We brought our cat and possessions in motorhome, it's like a van the cat (and us) lived in for three days. It worked a treat and allowed us to stop where and when we wanted.


----------



## Chica22 (Feb 26, 2010)

Bristol76 said:


> I have 5 indoor pedigree house cats which i will be bringing with me and was wondering who has bought animals from the uk with them? Was it very stressful for the animal?
> 
> Also regarding furniture etc, is it better to buy once in spain or bring own from UK?lane:


I brought 3 cats with me from the UK. They flew on the same plane as us (in the hold). I am sure it was stressful for them (it was always stressful for them to be put in the catbox for the 5 minute journey by car to the vets!!). 

The journey was seamless, and I just had to switch off from the fact that they were in a cage in the hold for 3 hours.

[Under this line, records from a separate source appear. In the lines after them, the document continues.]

-- ===== src/Order/Update.antt =====
-- UpdateOrderItemsFull of offline-menuvex/internal/store/domains.go.
use menuvex_printer.Entity.{field_of, field_text}
use menuvex_printer.Json.{Json, decode_map, null, str}
use menuvex_printer.Order.{OrderLine, PosOrderLineInput, build_lines, lines_json, set_fields}
use menuvex_printer.Order.Create.{Sums, sums_of}
use menuvex_printer.Prelude.{
  Bool, List, Map, Option, String, [], insert, length, lookup, none, some, str_eq, string_eq, ℕ,
  ◌==◌, ◌||◌, ◌∷◌,
}
use menuvex_printer.Prelude.Int.{ℤ}
use menuvex_printer.Result.{
  Result, bad_row, no_valid_line, ok, or_fail, order_cancelled, order_completed, order_not_found,
  refuse_if, ◌>>=◌, ◌>>◌,
}
use menuvex_printer.Store.{Io, PersistedDb, Store, find_live, rewrite, with_tx}
use menuvex_printer.Text.{to_lower, trim_space}
use menuvex_printer.Text.Decimal.{format_int, parse_big_int_safe}

pub record OrderItemsUpdate : Type 0 where
  pub lines : List PosOrderLineInput
  pub discount_irr : Option String
  pub extra_irr : Option String
  pub extra_note : Option String
  pub note : Option String

-- fmt.Sprint of a value of a decoded map; arrays and objects print in Go's own form, which is no status.
unfoldable pub sprint : Option Json → String
unfolding field_text
sprint none = "<nil>"
sprint (some null) = "<nil>"
sprint (some j) = field_text (some j)

unfoldable pub is_cancelled : String → Bool
is_cancelled status =
    str_eq status "cancelled" || str_eq status "canceled" || str_eq status "refunded"

unfoldable pub asked : Option String → String → ℤ
unfolding parse_big_int_safe
asked none current = parse_big_int_safe current
asked (some given) current = parse_big_int_safe given

unfoldable pub set_note : String → Option String → Map String Json → Map String Json
unfolding insert trim_space
set_note key none m = m
set_note key (some text) m = insert key (str (trim_space text)) m

unfoldable pub updated_fields :
    OrderItemsUpdate → List OrderLine → Sums → String → Map String Json → Map String Json
unfolding set_fields set_note insert format_int lines_json
updated_fields upd ls sums now m = insert "updated_at" (str now) (
    set_note "note" upd.note (
      set_note "extra_note" upd.extra_note (
        set_fields
          (("items", lines_json ls)
            ∷ ("subtotal_irr", str (format_int sums.subtotal))
            ∷ ("discount_irr", str (format_int sums.discount))
            ∷ ("extra_irr", str (format_int sums.extra))
            ∷ ("total_irr", str (format_int sums.total))
            ∷ ("price", str (format_int sums.total))
            ∷ [])
          m)))

unfoldable pub update_items_body :
    String
    → OrderItemsUpdate
    → (ℕ → String)
    → String
    → PersistedDb
    → Result (PersistedDb × Unit {0})
unfolding find_live decode_map lookup sprint is_cancelled to_lower trim_space build_lines sums_of
    asked field_of updated_fields rewrite
update_items_body order_id upd ids now st = do
  order ← or_fail (find_live st "order" order_id) order_not_found
  m ← or_fail (decode_map order.payload) bad_row
  let status = to_lower (trim_space (sprint (lookup "status" m)))
  refuse_if (str_eq status "completed") order_completed
  refuse_if (is_cancelled status) order_cancelled
  ls ← build_lines st ids 0 upd.lines
  refuse_if (length ls == 0) no_valid_line
  let sums =
      sums_of ls (asked upd.discount_irr (field_of order.payload "discount_irr"))
        (asked upd.extra_irr (field_of order.payload "extra_irr"))
  ok (rewrite "order" order_id order (updated_fields upd ls sums now m) st, tt)

unfoldable pub update_order_items_full :
    Io → String → OrderItemsUpdate → (ℕ → String) → String → Store → Result (Unit {0}) × Store
unfolding update_items_body with_tx
update_order_items_full io order_id upd ids now s =
    with_tx io (update_items_body order_id upd ids now) s

-- UpdateOrderItems
unfoldable pub update_order_items :
    Io → String → List PosOrderLineInput → (ℕ → String) → String → Store → Result (Unit {0}) × Store
unfolding update_order_items_full
update_order_items io order_id ls ids now s =
    update_order_items_full io order_id
      (record { lines = ls; discount_irr = none; extra_irr = none; extra_note = none; note = none })
      ids now s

As soon as I got them here I put all of them in a room with a cat litter tray and their blankets and food etc.

Within 24 hours of landing in Spain, they were back to normal, eager to go outside. After 10 years, two died of natural causes, but we still have one remaining, who I am sure prefers her life in Spain than in the UK

For me it was preferable to transport them by air (although this is expensive) and get the journey completed as soon as possible, rather than drive to Spain. Although for others driving down is the best option. It is only a short time in their lives and they will recover quickly from the journey.


----------



## xabiaxica (Jun 23, 2009)

Chica22 said:


> I brought 3 cats with me from the UK. They flew on the same plane as us (in the hold).  I am sure it was stressful for them (it was always stressful for them to be put in the catbox for the 5 minute journey by car to the vets!!).
> 
> The journey was seamless, and I just had to switch off from the fact that they were in a cage in the hold for 3 hours. As soon as I got them here I put all of them in a room with a cat litter tray and their blankets and food etc.
> 
> ...


We flew our then 11 year old cat over - she settled right in within hours of arriving at her new home & lived another 7 & a bit years


----------



## Chica22 (Feb 26, 2010)

One of the cats we flew over was 17 years old, and enjoyed her final years in the sun.

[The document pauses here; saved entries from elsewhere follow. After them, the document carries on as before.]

-- ===== src/Order/Split/Payment.antt =====
-- splitQuote, RecordSplitPayment and UndoLastSplitPayment of offline-menuvex/internal/store/domains.go.
use menuvex_printer.Entity.{field_of, price_irr}
use menuvex_printer.Json.{Json, arr, blob, decode_map, end, field, items_of, num, obj, str}
use menuvex_printer.Order.{at_least_zero, set_fields}
use menuvex_printer.Order.Split.{
  SplitBillLine, SplitPayment, SplitPaymentLine, add64, div64, mul64, parse_int64,
  parse_split_payments, split_bill_of, sub64, sum_payments,
}
use menuvex_printer.Order.Update.{is_cancelled}
use menuvex_printer.Prelude.{
  Bool, List, Map, String, [], false, if◌then◌else◌, insert, length, lookup, map, not, str_eq,
  string_eq, ◌&&◌, ◌++◌, ◌==◌, ◌||◌, ◌∷◌,
}
use menuvex_printer.Prelude.Int.{ltb_ℤ, pos, ℤ}
use menuvex_printer.Result.{
  Result, bad_method, bad_row, line_not_in_order, no_payment, no_picks, ok, or_fail,
  order_cancelled, order_completed, order_not_found, refuse_if, too_many_picked, zero_payment,
  ◌>>=◌, ◌>>◌,
}
use menuvex_printer.Store.{
  Io, PersistedDb, Store, StoredEntity, after_check, find_live, rewrite, with_tx,
}
use menuvex_printer.Text.{equal_fold, to_lower, trim_space}
use menuvex_printer.Text.Decimal.{format_int}

unfoldable pub at_most : ℤ → ℤ → ℤ
at_most bound z = if ltb_ℤ bound z then bound else z

-- splitQuote
unfoldable pub split_quote : SplitBillLine → ℤ → ℤ
unfolding sub64 mul64 div64 at_most
split_quote l qty =
    let unpaid = sub64 l.quantity l.paid_quantity in
    let amount = mul64 qty l.unit_payable in
    if not (ltb_ℤ (pos 0) qty) || not (ltb_ℤ (pos 0) unpaid)
    then pos 0
    else if not (ltb_ℤ qty unpaid)
    then l.remaining
    else at_most l.remaining
        (if ltb_ℤ (pos 0) amount then amount else div64 (mul64 l.remaining qty) unpaid)

unfoldable pub bill_index : List SplitBillLine → Map String SplitBillLine → Map String SplitBillLine
unfolding insert
bill_index [] m = m
bill_index (l ∷ ls) m = bill_index ls (insert l.key l m)

-- The loop over the picks, in the order in which Go ranges over the map.
unfoldable pub quote_picks :
    Map String SplitBillLine → List (String × ℤ) → ℤ → Result (List SplitPaymentLine × ℤ)
unfolding lookup split_quote sub64 add64
quote_picks by_key [] amount = ok ([], amount)
quote_picks by_key ((line_id, qty) ∷ picks) amount = do
  l ← or_fail (lookup line_id by_key) line_not_in_order
  refuse_if (not (ltb_ℤ (pos 0) qty) || ltb_ℤ (sub64 l.quantity l.paid_quantity) qty)
      too_many_picked
  rest ← quote_picks by_key picks (add64 amount (split_quote l qty))
  ok (record { line_id = line_id; quantity = qty; amount = split_quote l qty } ∷ rest.0, rest.1)

unfoldable pub payment_line_json : SplitPaymentLine → Json
unfolding format_int
payment_line_json l = obj (
    field "amount_irr" (str (format_int l.amount))
      (field "line_id" (str l.line_id) (field "quantity" (num l.quantity) end)))

unfoldable pub payment_json : SplitPayment → Json
unfolding payment_line_json format_int items_of
payment_json p = obj (
    field "amount_irr" (str (format_int p.amount)) (
      field "at" (str p.at) (
        field "client_token" (str p.client_token) (
          field "id" (str p.id) (
            field "lines" (arr (items_of (map payment_line_json p.lines)))
              (field "method" (str p.method) end))))))

unfoldable pub split_status : ℤ → ℤ → ℤ → String
split_status total paid remaining =
    if not (ltb_ℤ (pos 0) remaining) && ltb_ℤ (pos 0) total
    then "PAID"
    else if ltb_ℤ (pos 0) paid
    then "PARTIAL"
    else "UNPAID"

-- The columns that a list of payments gives.
unfoldable pub split_fields : List SplitPayment → ℤ → String → Map String Json → Map String Json
unfolding sum_payments at_least_zero sub64 set_fields items_of payment_json format_int split_status
split_fields ps total now m =
    let paid = sum_payments ps (pos 0) in
    let remaining = at_least_zero (sub64 total paid) in
    set_fields
      (("split_payments", blob (items_of (map payment_json ps)))
        ∷ ("split_paid_irr", str (format_int paid))
        ∷ ("split_remaining_irr", str (format_int remaining))
        ∷ ("split_status", str (split_status total paid remaining))
        ∷ ("updated_at", str now)
        ∷ [])
      m

unfoldable pub has_token : String → List SplitPayment → Bool
has_token token [] = false
has_token token (p ∷ ps) = str_eq p.client_token token || has_token token ps

abbrev pub Paid : Type 0
Paid = ℤ × ℤ

-- The part of the transaction behind the test of the token; `fresh` is what UUID() gives.
unfoldable pub add_payment :
    String
    → List (String × ℤ)
    → String
    → String
    → Result String
    → String
    → StoredEntity
    → PersistedDb
    → Result (PersistedDb × Paid)
unfolding split_bill_of bill_index quote_picks decode_map parse_split_payments split_fields rewrite
    sum_payments at_least_zero sub64
add_payment order_id picks method token fresh now order st = do
  let bill = split_bill_of order.payload
  quoted ← quote_picks (bill_index bill.lines []) picks (pos 0)
  refuse_if (not (ltb_ℤ (pos 0) quoted.1)) zero_payment
  payment_id ← fresh
  m ← or_fail (decode_map order.payload) bad_row
  let ps =
      parse_split_payments order.payload
      ++ (record {
        id = payment_id;
        at = now;
        method = method;
        amount = quoted.1;
        client_token = token;
        lines = quoted.0;
      })
        ∷ []
  let paid = sum_payments ps (pos 0)
  ok (
    rewrite "order" order_id order (split_fields ps bill.total now m) st,
    (paid, at_least_zero (sub64 bill.total paid)),
  )

unfoldable pub split_body :
    String
    → List (String × ℤ)
    → String
    → String
    → Result String
    → String
    → PersistedDb
    → Result (PersistedDb × Paid)
unfolding find_live field_of to_lower is_cancelled has_token parse_split_payments split_bill_of
    add_payment
split_body order_id picks method token fresh now st = do
  order ← or_fail (find_live st "order" order_id) order_not_found
  let status = to_lower (field_of order.payload "status")
  refuse_if (str_eq status "completed") order_completed
  refuse_if (is_cancelled status) order_cancelled
  let bill = split_bill_of order.payload
  (if not (str_eq token "") && has_token token (parse_split_payments order.payload)
      then ok (st, (bill.paid, bill.remaining))
      else add_payment order_id picks method token fresh now order st)

-- RecordSplitPayment
unfoldable pub record_split_payment :
    Io
    → String
    → List (String × ℤ)
    → String
    → String
    → Result String
    → String
    → Store
    → Result Paid × Store
unfolding after_check split_body trim_space to_lower
record_split_payment io order_id picks method client_token fresh now s =
    let chosen = trim_space (to_lower method) in
    after_check
      (refuse_if (not (str_eq chosen "cash" || str_eq chosen "card" || str_eq chosen "transfer"))
          bad_method
        >> refuse_if (length picks == 0) no_picks)
      io (split_body order_id picks chosen (trim_space client_token) fresh now) s

-- payments[:len(payments)-1]
unfoldable pub without_last : List SplitPayment → List SplitPayment
without_last [] = []
without_last (p ∷ ps) = let rest = without_last ps in if length ps == 0 then [] else p ∷ rest

unfoldable pub undo_body : String → String → PersistedDb → Result (PersistedDb × Unit {0})
unfolding find_live field_of equal_fold parse_split_payments decode_map split_fields without_last
    parse_int64 price_irr rewrite
undo_body order_id now st = do
  order ← or_fail (find_live st "order" order_id) order_not_found
  refuse_if (equal_fold (field_of order.payload "status") "completed") order_completed
  let ps = parse_split_payments order.payload
  refuse_if (length ps == 0) no_payment
  m ← or_fail (decode_map order.payload) bad_row
  ok (
    rewrite "order" order_id order
        (split_fields (without_last ps) (parse_int64 (price_irr order.payload)) now m) st,
    tt,
  )

-- UndoLastSplitPayment
unfoldable pub undo_last_split_payment : Io → String → String → Store → Result (Unit {0}) × Store
unfolding undo_body with_tx
undo_last_split_payment io order_id now s = with_tx io (undo_body order_id now) s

The cat we still have now refuses to go out if it is raining or windy, even though she spent the first 5 years of her life in the UK. I am convinced cats, like humans, get acclimatized to the weather.


----------



## davids0865 (Apr 12, 2016)

Sorry for a little thread drift, but, are rentals in Spain generally "cat friendly"?


----------



## xabiaxica (Jun 23, 2009)

davids0865 said:


> Sorry for a little thread drift, but, are rentals in Spain generally "cat friendly"?


We've rented for 13 years nearly, moved a few times - & always had cats. 

A couple of landlords have said no pets, but then we've talked to them & had no problems & the clause has been taken out of the contract.

I was once told that it's a human right to have pets, so a 'no pets' clause in a rental contract holds no water anyway. I've never checked it out - but it wouldn't surprise me if it were true.


----------



## Bristol76 (May 22, 2016)

joinspain said:


> Are you buying or renting?
> Many properties come fully furnished.
> But I would agree with previous comment about quality for price. When we buy a property it will either be ikea or to go to a carpenter for "proper" furniture.
> Though the price difference between a small load and a large may not be that different, so shop around on quotes, it may be worth bringing it all over with you. We got a very good deal and didn't fill the very large container.
> No experience on pets, but there were plenty of animals on the overnight ferry.


We are renting and I've seen loads with furniture so didn't know if i should bring loads of my own x


----------



## Bristol76 (May 22, 2016)

davids0865 said:


> Sorry for a little thread drift, but, are rentals in Spain generally "cat friendly"?


Im hoping so x


----------



## leemaboy (Jan 2, 2015)

Hi Bristol!

We are also about to move to Javea from Exeter and we have 5 cats and 3 children.

We have already rented a house near Calpe where we go often to use it as a base for exploring. We only have some clothes at our rental for now - just essential stuff to lighten our air journeys! It came fully furnished as many rentals do. We didn't encounter any landlords that wouldn't allow cats. Mostly they are concerned about dogs. 

Once the summer season is over and more rentals appear on the market we will be moving our clothes to a rental in Javea.

At that point, we'll have all of our treasured stuff moved over there. We're not bringing large stuff like sofas, tables, bookcases etc. we'll buy those new or use what's in the new rental.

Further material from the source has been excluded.